[Opening Given records section]
-- ===== src/I18n/EnConsole.antt =====
-- The English messages, web/src/lib/i18n/messages/en.ts, the other sections.
use uni_llm.I18n.Shape.{
  AdminMessages, DocsMessages, LogsMessages, PlaygroundMessages, StatusMessages,
}

abbrev pub en_playground : PlaygroundMessages
en_playground = record {
  title = "Playground";
  api_key = "API Key";
  api_key_placeholder = "Paste your API key (sk-...)";
  model = "Model";
  clear = "Clear";
  system_prompt = "System Prompt";
  system_prompt_placeholder = "System prompt...";
  empty_hint = "Send a message to get started";
  role_you = "You";
  role_assistant = "Assistant";
  thinking = "Thinking...";
  message_placeholder = "Type a message...";
  need_api_key = "Select an API key first";
  send = "Send";
  empty_response = "(empty response)";
  request_failed = "Request failed";
  default_system_prompt = "You are a helpful assistant.";
  error_prefix = "Error:";
}

abbrev pub en_docs : DocsMessages
en_docs = record {
  title = "API Documentation";
  sdk_intro =
      "UniLLM is compatible with any OpenAI SDK or HTTP client. Select your preferred language below.";
  sections = record {
    quickstart = "Quick Start";
    auth = "Authentication";
    chat = "Chat Completions";
    models = "List Models";
    streaming = "Streaming";
    sdks = "SDK Examples";
    functions = "Function Calling";
    errors = "Error Codes";
    ratelimits = "Rate Limits";
    pricing = "Pricing";
  };
  sdk_examples = "SDK Examples";
  copy = "Copy";
  copied = "Copied!";
}

abbrev pub en_admin : AdminMessages
en_admin = record {
  badge = "Admin";
  loading = "Loading admin panel...";
  tabs = record {
    overview = "Overview";
    users = "Users";
    providers = "Providers";
    models = "Models";
    keys = "Provider Keys";
  };
  stats = record {
    total_users = "Total Users";
    total_requests = "Total Requests";
    total_cost = "Total Cost";
    total_tokens = "Total Tokens";
    active_keys = "Active Keys";
  };
  user_management = "USER MANAGEMENT";
  user_id = "User ID";
  amount = "Amount ($)";
  reason = "Reason";
  add_balance = "Add Balance";
  col_id = "ID";
  col_email = "Email";
  col_name = "Name";
  col_role = "Role";
  col_balance = "Balance";
  col_joined = "Joined";
  providers_title = "PROVIDERS";
  col_base_url = "Base URL";
  models_title = "MODEL CONFIGURATIONS";
  col_public_name = "Public Name";
  col_upstream = "Upstream Model";
  col_max_tokens = "Max Tokens";
  keys_title = "UPSTREAM API KEYS";
  provider_id = "Provider ID";
  select_provider = "Select...";
  api_key = "API Key";
  rpm = "RPM";
  add_key = "Add Key";
  col_provider = "Provider";
  col_key_prefix = "Key Prefix";
  no_provider_keys = "No provider keys configured";
}

abbrev pub en_status : StatusMessages
en_status = record {
  title = "UniLLM Status";
  subtitle = "Real-time provider health monitoring";
  fetch_error = "Failed to fetch status";
  last_updated = "Last updated";
  auto_refresh = "Auto-refreshes every 30 seconds";
  overall = "Overall Status";
  providers = "Providers";
  latency = "Latency";
  circuit = "Circuit";
  no_data = "No provider data available";
  operational = "All Systems Operational";
  degraded = "Some Systems Degraded";
  circuit_label = "circuit";
}

abbrev pub en_logs : LogsMessages
en_logs = record {
  no_requests = "No requests yet";
  col_time = "Time";
  col_model = "Model";
  col_tokens = "Tokens";
  col_cost = "Cost";
  col_latency = "Latency";
  col_status = "Status";
}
[Closing Given records section]
▶ _How to complete this task_: How many of the lines in the material hold the word "Systems"? Give that number alone.

▶ _Output of the exercise_: 2